EXERCISE BRIEF >>
Copy, from the material below, each line where "Failure" shows up.

SUPPLIED ENTRIES >>

=== Begin Enclosure ===

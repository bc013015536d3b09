-- ===== src/Lifecycle/Files.antt =====
-- Files, paths and _atomic_write of src/codekg/graph_lifecycle.py.
use my_kg_codebase.Prelude.{
  ℕ, ◌+◌, Bool, Option, none, some, List, [], ◌∷◌, ◌++◌, if◌then◌else◌, is_some,
}
use my_kg_codebase.Prelude.Text.{Text, codes}
use my_kg_codebase.Prelude.Dict.{Dict, lookup, insert, remove}

-- An absolute path in lexical normal form: the components of the directory, and the name.
pub record FilePath : Type 0 where
  pub parent : List Text
  pub name : Text

abbrev pub joined_parts : List Text → Text
joined_parts [] = []
joined_parts (part ∷ parts) = b'/' ∷ (part ++ joined_parts parts)

abbrev pub full_path : FilePath → Text
full_path path = joined_parts path.parent ++ b'/' ∷ path.name

-- path.with_name(path.name + ".previous")
abbrev pub previous_path : FilePath → FilePath
previous_path path = record path { name = path.name ++ codes ".previous" }

-- The bytes of a file
abbrev pub Payload : Type 0
Payload = List ℕ

-- The files by their full path; how many operations on files there were; and all the states of the
-- files that a crash could have left, the last one first.
pub record Disk : Type 0 where
  pub files : Dict Payload
  pub operations : ℕ
  pub history : List (Dict Payload)

pub data Failure : Type 0 where
  symlink uninspectable not_siblings not_distinct invalid_registry failed_backend os_error : Failure

pub data Result (A : Type 0) : Type 0 where
  ok : A → Result A
  err : Failure → Result A

abbrev pub Action : Type 0 → Type 0
Action A = Disk → Result A × Disk

abbrev pub and_then : {A B : Type 0} → Result A × Disk → (A → Action B) → Result B × Disk
and_then (ok a, d) f = f a d
and_then (err e, d) f = (err e, d)

infixl 5 ◌>>=◌ ◌>>◌
abbrev pub ◌>>=◌ : {A B : Type 0} → Action A → (A → Action B) → Action B
◌>>=◌ m f d = and_then (m d) f

abbrev pub ◌>>◌ : {B : Type 0} → Action (Unit {0}) → Action B → Action B
m >> k = m >>= λ _. k

abbrev pub pure : {A : Type 0} → A → Action A
pure a d = (ok a, d)

abbrev pub raise : {A : Type 0} → Failure → Action A
raise e d = (err e, d)

-- try: ... finally: ...
abbrev pub finally_of : {A : Type 0} → Result A × Disk → Action (Unit {0}) → Result A × Disk
finally_of (ok a, d) cleanup = and_then (cleanup d) (λ _. pure a)
finally_of (err e, d) cleanup = and_then (cleanup d) (λ _. raise e)

-- The bytes that are there, if there are any
abbrev pub content_of : Option Payload → Action Payload
content_of none = raise os_error
content_of (some payload) = pure payload

-- os.replace(name, path)
abbrev pub renamed : Text → Text → Payload → Dict Payload → Dict Payload
renamed name path payload files = insert path payload (remove name files)

-- The operating system: which operations on files fail, and what mkstemp puts in a name.
module _ (fails : ℕ → Bool) (random : ℕ → Text) where
  -- One operation that changes the files, or fails and changes nothing.
  unfoldable pub operate : (Dict Payload → Dict Payload) → Action (Unit {0})
  operate change d =
      if fails d.operations then (err os_error, record d { operations = d.operations + 1 }) else (
        ok tt,
        record {
          files = change d.files;
          operations = d.operations + 1;
          history = change d.files ∷ d.history;
        },
      )

  -- One operation that only reads, or fails.
  unfoldable pub inspect : Action (Unit {0})
  inspect d =
      let e = record d { operations = d.operations + 1 } in
      if fails d.operations then (err os_error, e) else (ok tt, e)

  -- path.read_bytes(), of a file that is there
  unfoldable pub read_bytes : FilePath → Action Payload
  unfolding inspect
  read_bytes path d = and_then (inspect d) (λ _ e. content_of (lookup (full_path path) e.files) e)

  -- path.read_bytes() if path.exists() else None
  abbrev pub read_found : Option Payload → Action (Option Payload)
  read_found none d = (ok none, d)
  read_found (some payload) d = and_then (inspect d) (λ _. pure (some payload))

  unfoldable pub read_if_exists : FilePath → Action (Option Payload)
  unfolding inspect
  read_if_exists path d =
      and_then (inspect d) (λ _ e. read_found (lookup (full_path path) e.files) e)

  -- tempfile.mkstemp(prefix=f".{path.name}.", suffix=".tmp", dir=path.parent)
  abbrev pub temporary_path : FilePath → ℕ → Text
  temporary_path path n =
      full_path (record path { name = b'.' ∷ (path.name ++ b'.' ∷ (random n ++ codes ".tmp")) })

  -- if os.path.exists(name): os.unlink(name)
  unfoldable pub unlink_if_exists : Text → Action (Unit {0})
  unlink_if_exists name d =
      if is_some (lookup name d.files) then operate (remove name) d else (ok tt, d)

  -- The body of the try: the file is written and synced, moved, and the directory synced.
  unfoldable pub write_and_move : Text → Text → Payload → Action (Unit {0})
  write_and_move name path payload = do
    operate (insert name payload)
    operate (λ files. files)
    operate (renamed name path payload)
    operate (λ files. files)

  -- _atomic_write, in a directory that exists
  unfoldable pub atomic_write : FilePath → Payload → Action (Unit {0})
  atomic_write path payload d =
      let name = temporary_path path d.operations in
      and_then (operate (insert name []) d)
        (λ _ e. finally_of (write_and_move name (full_path path) payload e) (unlink_if_exists name))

=== End Enclosure ===

RESPONSE TO THIS EXERCISE >>
pub data Failure : Type 0 where
  symlink uninspectable not_siblings not_distinct invalid_registry failed_backend os_error : Failure
  err : Failure → Result A
abbrev pub raise : {A : Type 0} → Failure → Action A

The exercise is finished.